Imprisonment (abductio in carcerem, in vincula), although not recognised as a penalty in Roman law, plays a double part in the coercitio. It was one of the modes by which the magistrates defended their dignity and secured obedience, not merely from private citizens, but from lower magistrates and senators; and it was adopted as a precautionary measure to secure the appearance on trial of one whom they accused. The use of this severe measure against magistrates by any power but the tribunate is rare;[711] but it plays a great part in the tribunician annals, and the temporary imprisonment of a consul became a familiar feature of party strife during the closing years of the Republic.[712] It was a summary method of silencing the opposition of a too zealous optimate, and the veto of the tribune’s colleague was the only means of releasing the head of the state.[713] Preventive imprisonment for the purpose of securing the appearance of an accused at trial was rare at Rome. The custom of giving sureties or bail (vades, vadimonium) was early recognised;[714] but it rested entirely with the magistrate whether he should accept such a security.[715]
The imposition of a fine (multa) was the most common mode of enforcing obedience, and was possessed by all the magistrates with the possible exception of the quaestor.[716] As early as 454 B.C. the power of fining (jus multae dictionis), which had hitherto belonged to the consuls alone, was conferred “on all magistrates”—including, therefore, the tribunes and plebeian aediles—by a lex Aternia Tarpeia passed in the assembly of the centuries.[717] The lex Menenia Sextia (452 B.C.) fixed the highest fine that could be imposed by a magistrate on his own authority (multa suprema) at two sheep or thirty oxen[718]—the former the limit for the poor man, the latter for the rich. After coined money, or at least metal by weight, had come into vogue during the decemviral period, a lex Julia Papiria (de multarum aestimatione) of 430 B.C. fixed 3000 libral asses as the extreme amount that a magistrate might impose.[719] The infliction of a fine larger than this multa suprema subjected the official who pronounced it to an appeal to the people.[720] The provocatio against multae went before the comitia or the concilium of the tribes according as the fines were imposed by patrician or plebeian magistrates, and we shall see how this appeal brought the aediles into contact with these two assemblies.[721] Certain laws continued to fix an absolute limit even to fines submitted to the judgment of the people. They were generally limited to less than half of the property of the accused.[722]
But the tribunes’ power of imposing money penalties extended far beyond the limits of that of the other magistrates.
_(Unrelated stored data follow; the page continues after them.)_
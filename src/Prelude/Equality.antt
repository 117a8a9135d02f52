-- ===== src/Prelude/Equality.antt =====
-- Python's `==` on identifiers and texts, and `in`, over types with a Boolean equality.
use Prim.Native.Nat.{ℕ}
use Prim.Native.String.{String}
use mathlib.Core.Path.{◌≡◌, refl, sym, subst}
use mathlib.Core.Logic.{◌↔◌, inl, inr}
use mathlib.Core.Bool.{Bool, true, false}
use mathlib.Core.Option.{Option, none, some}
use mathlib.Core.List.{List, [], ◌∷◌, Memᴰ}
use native.Mathlib.Omega.{arith}
use text.Mathlib.Text.{◌==◌ as str_beq}
pub use text.Mathlib.TextEquality.{eq_iff}
use qnsc_kb_backend.Prelude.Tests.{nat_beq, nat_beq_iff, if◌then◌else◌, Bool-cases}
use qnsc_kb_backend.Prelude.Lists.{any, any-Memᴰ, any_of_Memᴰ}

-- A type whose `==` decides equality.
pub record Eq {ℓ} (K : Type ℓ) : Type ℓ where
  pub same : K → K → Bool
  pub same_iff : (x y : K) → (same x y ≡ true) ↔ (x ≡ y)

instance abbrev pub string_eq : Eq String
string_eq = record { same = str_beq; same_iff = eq_iff }

instance abbrev pub nat_eq : Eq ℕ
nat_eq = record { same = nat_beq; same_iff = nat_beq_iff }

infix 50 ◌==◌
abbrev pub ◌==◌ {ℓ} : {K : Type ℓ} ⦃keys : Eq K⦄ → K → K → Bool
◌==◌ ⦃keys⦄ x y = keys.same x y

module _ {ℓ} {A : Type ℓ} ⦃e : Eq A⦄ where
  abbrev option_beq : Option A → Option A → Bool
  option_beq none none = true
  option_beq none (some _) = false
  option_beq (some _) none = false
  option_beq (some a) (some b) = e.same a b

  pub option_beq_iff : (a b : Option A) → (option_beq a b ≡ true) ↔ (a ≡ b)
  option_beq_iff none none = (λ _. refl, λ _. refl)
  option_beq_iff none (some b) = (λ h. cc, λ h. cc)
  option_beq_iff (some a) none = (λ h. cc, λ h. cc)
  option_beq_iff (some a) (some b) =
      (λ h. cc ((e.same_iff a b).0 h), λ h. (e.same_iff a b).1 (cc h))

  instance abbrev pub option_eq : Eq (Option A)
  option_eq = record { same = option_beq; same_iff = option_beq_iff }

  -- `a in xs`
  abbrev pub elem : A → List A → Bool
  elem a xs = any (λ x. e.same x a) xs

  pub elem-Memᴰ : (a : A) (xs : List A) → elem a xs ≡ true → Memᴰ a xs
  elem-Memᴰ a xs h =
      let (x, m, p) = any-Memᴰ (λ x. e.same x a) xs h in rw (← (e.same_iff x a).0 p) m

  pub Memᴰ-elem : (a : A) (xs : List A) → Memᴰ a xs → elem a xs ≡ true
  Memᴰ-elem a xs m = any_of_Memᴰ (λ x. e.same x a) xs m ((e.same_iff a a).1 refl)

-- A dict, as its items in order.
module _ {ℓ κ} {K : Type κ} {V : Type ℓ} ⦃keys : Eq K⦄ where
  abbrev pub lookup : K → List (K × V) → Option V
  lookup key [] = none
  lookup key (item ∷ rest) =
      let later = lookup key rest in if keys.same item.0 key then some item.1 else later

  -- `d[k] = v`: an old key keeps its place.
  abbrev pub insert : K → V → List (K × V) → List (K × V)
  insert key value [] = (key, value) ∷ []
  insert key value (item ∷ rest) =
      let later = insert key value rest in
      if keys.same item.0 key then (item.0, value) ∷ rest else item ∷ later

  pub lookup-insert :
      (key other : K) (value : V) (d : List (K × V))
      → lookup other (insert key value d)
        ≡ (if keys.same key other then some value else lookup other d)
  lookup-insert key other value [] = refl
  lookup-insert key other value (item ∷ rest) =
      let later = lookup-insert key other value rest in
      ground (
        arith,
        later,
        keys.same_iff item.0 other,
        keys.same_iff key other,
        keys.same_iff item.0 key,
      )

  -- `Q` holds of every item of a dict.
  module _ (Q : K → V → Type 0) where
    abbrev pub AllItems : List (K × V) → Type 0
    AllItems [] = Unit
    AllItems (item ∷ rest) = Q item.0 item.1 × AllItems rest

    pub AllItems-insert :
        (key : K) (value : V) (d : List (K × V))
        → Q key value
        → AllItems d
        → AllItems (insert key value d)
    AllItems-insert key value [] q _ = (q, tt)
    AllItems-insert key value (item ∷ rest) q (p, ps) = elim (Bool-cases (keys.same item.0 key)) [
      | inl e ↦ rw e (subst (λ k. Q k value) (sym ((keys.same_iff item.0 key).0 e)) q, ps)
      | inr e ↦ rw e (p, AllItems-insert key value rest q ps)
    ]

    Found : K → Option V → Type 0
    Found key none = Unit
    Found key (some value) = Q key value

    lookup-Found : (key : K) (d : List (K × V)) → AllItems d → Found key (lookup key d)
    unfolding Found
    lookup-Found key [] _ = tt
    lookup-Found key (item ∷ rest) (p, ps) = elim (Bool-cases (keys.same item.0 key)) [
      | inl e ↦ rw e (subst (λ k. Q k item.1) ((keys.same_iff item.0 key).0 e) p)
      | inr e ↦ rw e (lookup-Found key rest ps)
    ]

    pub lookup-AllItems :
        (key : K) (value : V) (d : List (K × V))
        → lookup key d ≡ some value
        → AllItems d
        → Q key value
    unfolding Found
    lookup-AllItems key value d e h = subst (Found key) e (lookup-Found key d h)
The power of confiscating all the goods of an individual by consecrating them to a god (consecratio bonorum), a relic, like the execution from the Tarpeian rock, of the old religious jurisdiction and as little subject to the appeal, had been occasionally put in force by them in extreme cases,[723] and like other vanished relics of antiquity was revived during the party struggles of the close of the Republic.
Another mode of coercion, specially used against magistrates and the official class, was the seizing of articles of their property as pledges (pignoris capio).[724] It was possessed by all the magistrates who had the coercitio, and was employed rather as a punishment than as a security for good behaviour. Hence the pledges were often destroyed,[725] and we find a consul seeking satisfaction for his outraged dignity in breaking up the curule chair of the praetor who would not rise to greet him as he passed by.[726]